* _Record excerpts_
----
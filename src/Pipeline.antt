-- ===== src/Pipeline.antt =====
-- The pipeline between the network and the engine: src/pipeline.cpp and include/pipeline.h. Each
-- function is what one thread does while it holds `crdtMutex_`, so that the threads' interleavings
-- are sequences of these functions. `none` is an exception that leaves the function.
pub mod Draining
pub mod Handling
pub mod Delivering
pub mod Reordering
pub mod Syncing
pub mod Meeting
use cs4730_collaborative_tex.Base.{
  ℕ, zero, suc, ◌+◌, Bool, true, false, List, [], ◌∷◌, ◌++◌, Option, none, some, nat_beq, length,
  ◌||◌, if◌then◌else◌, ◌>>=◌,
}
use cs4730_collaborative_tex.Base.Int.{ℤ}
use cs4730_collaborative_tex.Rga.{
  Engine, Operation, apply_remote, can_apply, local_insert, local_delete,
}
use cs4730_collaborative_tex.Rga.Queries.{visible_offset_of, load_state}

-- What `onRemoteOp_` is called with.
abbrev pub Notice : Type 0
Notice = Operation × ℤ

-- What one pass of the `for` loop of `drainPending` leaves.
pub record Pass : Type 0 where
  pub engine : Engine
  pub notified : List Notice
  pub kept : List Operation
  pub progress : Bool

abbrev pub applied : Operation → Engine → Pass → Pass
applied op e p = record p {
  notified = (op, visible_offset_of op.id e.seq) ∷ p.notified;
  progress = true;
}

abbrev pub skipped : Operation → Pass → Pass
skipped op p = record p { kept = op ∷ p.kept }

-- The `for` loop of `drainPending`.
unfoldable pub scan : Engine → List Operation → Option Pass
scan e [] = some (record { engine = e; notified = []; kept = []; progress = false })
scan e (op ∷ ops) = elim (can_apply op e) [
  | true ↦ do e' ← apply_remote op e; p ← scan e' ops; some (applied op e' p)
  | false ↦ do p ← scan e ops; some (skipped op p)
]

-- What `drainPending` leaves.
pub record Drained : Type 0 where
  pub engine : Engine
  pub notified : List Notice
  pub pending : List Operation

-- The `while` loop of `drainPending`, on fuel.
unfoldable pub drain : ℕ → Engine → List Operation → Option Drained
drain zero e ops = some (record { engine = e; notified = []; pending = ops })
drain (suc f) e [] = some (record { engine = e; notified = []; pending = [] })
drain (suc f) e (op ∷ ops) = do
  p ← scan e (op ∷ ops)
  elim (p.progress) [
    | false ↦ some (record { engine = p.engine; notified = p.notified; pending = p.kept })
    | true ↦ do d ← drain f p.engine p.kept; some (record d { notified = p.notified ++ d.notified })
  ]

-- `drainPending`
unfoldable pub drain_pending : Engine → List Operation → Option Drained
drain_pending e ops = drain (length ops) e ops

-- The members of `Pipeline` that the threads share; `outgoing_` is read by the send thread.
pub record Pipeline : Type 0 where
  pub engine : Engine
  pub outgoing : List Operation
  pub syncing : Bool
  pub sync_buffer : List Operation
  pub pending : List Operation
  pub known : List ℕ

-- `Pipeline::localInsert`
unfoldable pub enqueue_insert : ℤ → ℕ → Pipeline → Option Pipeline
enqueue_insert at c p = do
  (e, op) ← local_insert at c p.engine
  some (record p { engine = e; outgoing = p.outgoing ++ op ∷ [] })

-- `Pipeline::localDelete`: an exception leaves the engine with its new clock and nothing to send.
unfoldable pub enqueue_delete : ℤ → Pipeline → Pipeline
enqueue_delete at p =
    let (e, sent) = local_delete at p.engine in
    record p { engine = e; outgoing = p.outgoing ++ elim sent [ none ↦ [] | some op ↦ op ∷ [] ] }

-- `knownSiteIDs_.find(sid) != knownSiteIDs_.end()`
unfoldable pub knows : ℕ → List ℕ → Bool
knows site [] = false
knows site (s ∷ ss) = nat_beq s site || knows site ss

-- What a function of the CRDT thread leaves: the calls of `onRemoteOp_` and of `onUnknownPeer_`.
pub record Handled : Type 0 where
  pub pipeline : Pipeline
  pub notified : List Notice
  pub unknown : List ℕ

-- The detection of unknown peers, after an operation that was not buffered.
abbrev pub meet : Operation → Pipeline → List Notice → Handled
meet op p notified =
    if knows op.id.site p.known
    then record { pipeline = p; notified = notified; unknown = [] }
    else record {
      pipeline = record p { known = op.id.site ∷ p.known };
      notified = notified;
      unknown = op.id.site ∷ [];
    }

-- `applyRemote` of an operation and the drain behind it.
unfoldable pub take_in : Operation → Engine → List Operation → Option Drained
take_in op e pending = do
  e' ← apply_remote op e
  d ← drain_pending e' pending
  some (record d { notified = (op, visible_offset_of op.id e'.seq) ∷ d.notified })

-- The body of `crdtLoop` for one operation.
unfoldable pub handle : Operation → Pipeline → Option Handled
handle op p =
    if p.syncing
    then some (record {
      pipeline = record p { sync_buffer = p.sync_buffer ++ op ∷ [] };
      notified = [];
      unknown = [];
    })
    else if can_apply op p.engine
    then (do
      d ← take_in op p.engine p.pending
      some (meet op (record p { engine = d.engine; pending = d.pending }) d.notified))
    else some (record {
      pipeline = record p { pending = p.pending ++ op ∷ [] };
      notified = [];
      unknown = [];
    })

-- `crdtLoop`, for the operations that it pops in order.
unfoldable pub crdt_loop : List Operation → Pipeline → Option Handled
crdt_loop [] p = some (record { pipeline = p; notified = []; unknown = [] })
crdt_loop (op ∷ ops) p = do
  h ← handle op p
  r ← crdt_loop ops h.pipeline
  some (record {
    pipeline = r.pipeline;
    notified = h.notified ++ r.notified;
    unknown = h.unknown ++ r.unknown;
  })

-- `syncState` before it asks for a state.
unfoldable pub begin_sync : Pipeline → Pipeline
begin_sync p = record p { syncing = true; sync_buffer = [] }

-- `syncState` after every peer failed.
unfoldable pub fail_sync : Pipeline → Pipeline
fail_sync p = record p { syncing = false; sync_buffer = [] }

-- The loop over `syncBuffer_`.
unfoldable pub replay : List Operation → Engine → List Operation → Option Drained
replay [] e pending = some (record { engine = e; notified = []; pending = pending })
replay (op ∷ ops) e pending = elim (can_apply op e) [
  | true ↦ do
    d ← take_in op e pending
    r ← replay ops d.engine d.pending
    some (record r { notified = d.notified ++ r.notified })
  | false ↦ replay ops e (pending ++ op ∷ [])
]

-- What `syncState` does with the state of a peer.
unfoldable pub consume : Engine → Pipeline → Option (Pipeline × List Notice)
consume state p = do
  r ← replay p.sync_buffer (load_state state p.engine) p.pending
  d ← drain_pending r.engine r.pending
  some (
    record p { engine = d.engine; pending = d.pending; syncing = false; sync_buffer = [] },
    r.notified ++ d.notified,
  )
----
* _Aim of the task_
Without any alteration, repeat each entry shown above.

* _Reply_
filename src/Pipeline.antt
-- ===== src/Pipeline.antt =====
-- The pipeline between the network and the engine: src/pipeline.cpp and include/pipeline.h. Each
-- function is what one thread does while it holds `crdtMutex_`, so that the threads' interleavings
-- are sequences of these functions. `none` is an exception that leaves the function.
pub mod Draining
pub mod Handling
pub mod Delivering
pub mod Reordering
pub mod Syncing
pub mod Meeting
use cs4730_collaborative_tex.Base.{
  ℕ, zero, suc, ◌+◌, Bool, true, false, List, [], ◌∷◌, ◌++◌, Option, none, some, nat_beq, length,
  ◌||◌, if◌then◌else◌, ◌>>=◌,
}
use cs4730_collaborative_tex.Base.Int.{ℤ}
use cs4730_collaborative_tex.Rga.{
  Engine, Operation, apply_remote, can_apply, local_insert, local_delete,
}
use cs4730_collaborative_tex.Rga.Queries.{visible_offset_of, load_state}

-- What `onRemoteOp_` is called with.
abbrev pub Notice : Type 0
Notice = Operation × ℤ

-- What one pass of the `for` loop of `drainPending` leaves.
pub record Pass : Type 0 where
  pub engine : Engine
  pub notified : List Notice
  pub kept : List Operation
  pub progress : Bool

abbrev pub applied : Operation → Engine → Pass → Pass
applied op e p = record p {
  notified = (op, visible_offset_of op.id e.seq) ∷ p.notified;
  progress = true;
}

abbrev pub skipped : Operation → Pass → Pass
skipped op p = record p { kept = op ∷ p.kept }

-- The `for` loop of `drainPending`.
unfoldable pub scan : Engine → List Operation → Option Pass
scan e [] = some (record { engine = e; notified = []; kept = []; progress = false })
scan e (op ∷ ops) = elim (can_apply op e) [
  | true ↦ do e' ← apply_remote op e; p ← scan e' ops; some (applied op e' p)
  | false ↦ do p ← scan e ops; some (skipped op p)
]

-- What `drainPending` leaves.
pub record Drained : Type 0 where
  pub engine : Engine
  pub notified : List Notice
  pub pending : List Operation

-- The `while` loop of `drainPending`, on fuel.
unfoldable pub drain : ℕ → Engine → List Operation → Option Drained
drain zero e ops = some (record { engine = e; notified = []; pending = ops })
drain (suc f) e [] = some (record { engine = e; notified = []; pending = [] })
drain (suc f) e (op ∷ ops) = do
  p ← scan e (op ∷ ops)
  elim (p.progress) [
    | false ↦ some (record { engine = p.engine; notified = p.notified; pending = p.kept })
    | true ↦ do d ← drain f p.engine p.kept; some (record d { notified = p.notified ++ d.notified })
  ]

-- `drainPending`
unfoldable pub drain_pending : Engine → List Operation → Option Drained
drain_pending e ops = drain (length ops) e ops

-- The members of `Pipeline` that the threads share; `outgoing_` is read by the send thread.
pub record Pipeline : Type 0 where
  pub engine : Engine
  pub outgoing : List Operation
  pub syncing : Bool
  pub sync_buffer : List Operation
  pub pending : List Operation
  pub known : List ℕ

-- `Pipeline::localInsert`
unfoldable pub enqueue_insert : ℤ → ℕ → Pipeline → Option Pipeline
enqueue_insert at c p = do
  (e, op) ← local_insert at c p.engine
  some (record p { engine = e; outgoing = p.outgoing ++ op ∷ [] })

-- `Pipeline::localDelete`: an exception leaves the engine with its new clock and nothing to send.
unfoldable pub enqueue_delete : ℤ → Pipeline → Pipeline
enqueue_delete at p =
    let (e, sent) = local_delete at p.engine in
    record p { engine = e; outgoing = p.outgoing ++ elim sent [ none ↦ [] | some op ↦ op ∷ [] ] }

-- `knownSiteIDs_.find(sid) != knownSiteIDs_.end()`
unfoldable pub knows : ℕ → List ℕ → Bool
knows site [] = false
knows site (s ∷ ss) = nat_beq s site || knows site ss

-- What a function of the CRDT thread leaves: the calls of `onRemoteOp_` and of `onUnknownPeer_`.
pub record Handled : Type 0 where
  pub pipeline : Pipeline
  pub notified : List Notice
  pub unknown : List ℕ

-- The detection of unknown peers, after an operation that was not buffered.
abbrev pub meet : Operation → Pipeline → List Notice → Handled
meet op p notified =
    if knows op.id.site p.known
    then record { pipeline = p; notified = notified; unknown = [] }
    else record {
      pipeline = record p { known = op.id.site ∷ p.known };
      notified = notified;
      unknown = op.id.site ∷ [];
    }

-- `applyRemote` of an operation and the drain behind it.
unfoldable pub take_in : Operation → Engine → List Operation → Option Drained
take_in op e pending = do
  e' ← apply_remote op e
  d ← drain_pending e' pending
  some (record d { notified = (op, visible_offset_of op.id e'.seq) ∷ d.notified })

-- The body of `crdtLoop` for one operation.
unfoldable pub handle : Operation → Pipeline → Option Handled
handle op p =
    if p.syncing
    then some (record {
      pipeline = record p { sync_buffer = p.sync_buffer ++ op ∷ [] };
      notified = [];
      unknown = [];
    })
    else if can_apply op p.engine
    then (do
      d ← take_in op p.engine p.pending
      some (meet op (record p { engine = d.engine; pending = d.pending }) d.notified))
    else some (record {
      pipeline = record p { pending = p.pending ++ op ∷ [] };
      notified = [];
      unknown = [];
    })

-- `crdtLoop`, for the operations that it pops in order.
unfoldable pub crdt_loop : List Operation → Pipeline → Option Handled
crdt_loop [] p = some (record { pipeline = p; notified = []; unknown = [] })
crdt_loop (op ∷ ops) p = do
  h ← handle op p
  r ← crdt_loop ops h.pipeline
  some (record {
    pipeline = r.pipeline;
    notified = h.notified ++ r.notified;
    unknown = h.unknown ++ r.unknown;
  })

-- `syncState` before it asks for a state.
unfoldable pub begin_sync : Pipeline → Pipeline
begin_sync p = record p { syncing = true; sync_buffer = [] }

-- `syncState` after every peer failed.
unfoldable pub fail_sync : Pipeline → Pipeline
fail_sync p = record p { syncing = false; sync_buffer = [] }

-- The loop over `syncBuffer_`.
unfoldable pub replay : List Operation → Engine → List Operation → Option Drained
replay [] e pending = some (record { engine = e; notified = []; pending = pending })
replay (op ∷ ops) e pending = elim (can_apply op e) [
  | true ↦ do
    d ← take_in op e pending
    r ← replay ops d.engine d.pending
    some (record r { notified = d.notified ++ r.notified })
  | false ↦ replay ops e (pending ++ op ∷ [])
]

-- What `syncState` does with the state of a peer.
unfoldable pub consume : Engine → Pipeline → Option (Pipeline × List Notice)
consume state p = do
  r ← replay p.sync_buffer (load_state state p.engine) p.pending
  d ← drain_pending r.engine r.pending
  some (
    record p { engine = d.engine; pending = d.pending; syncing = false; sync_buffer = [] },
    r.notified ++ d.notified,
  )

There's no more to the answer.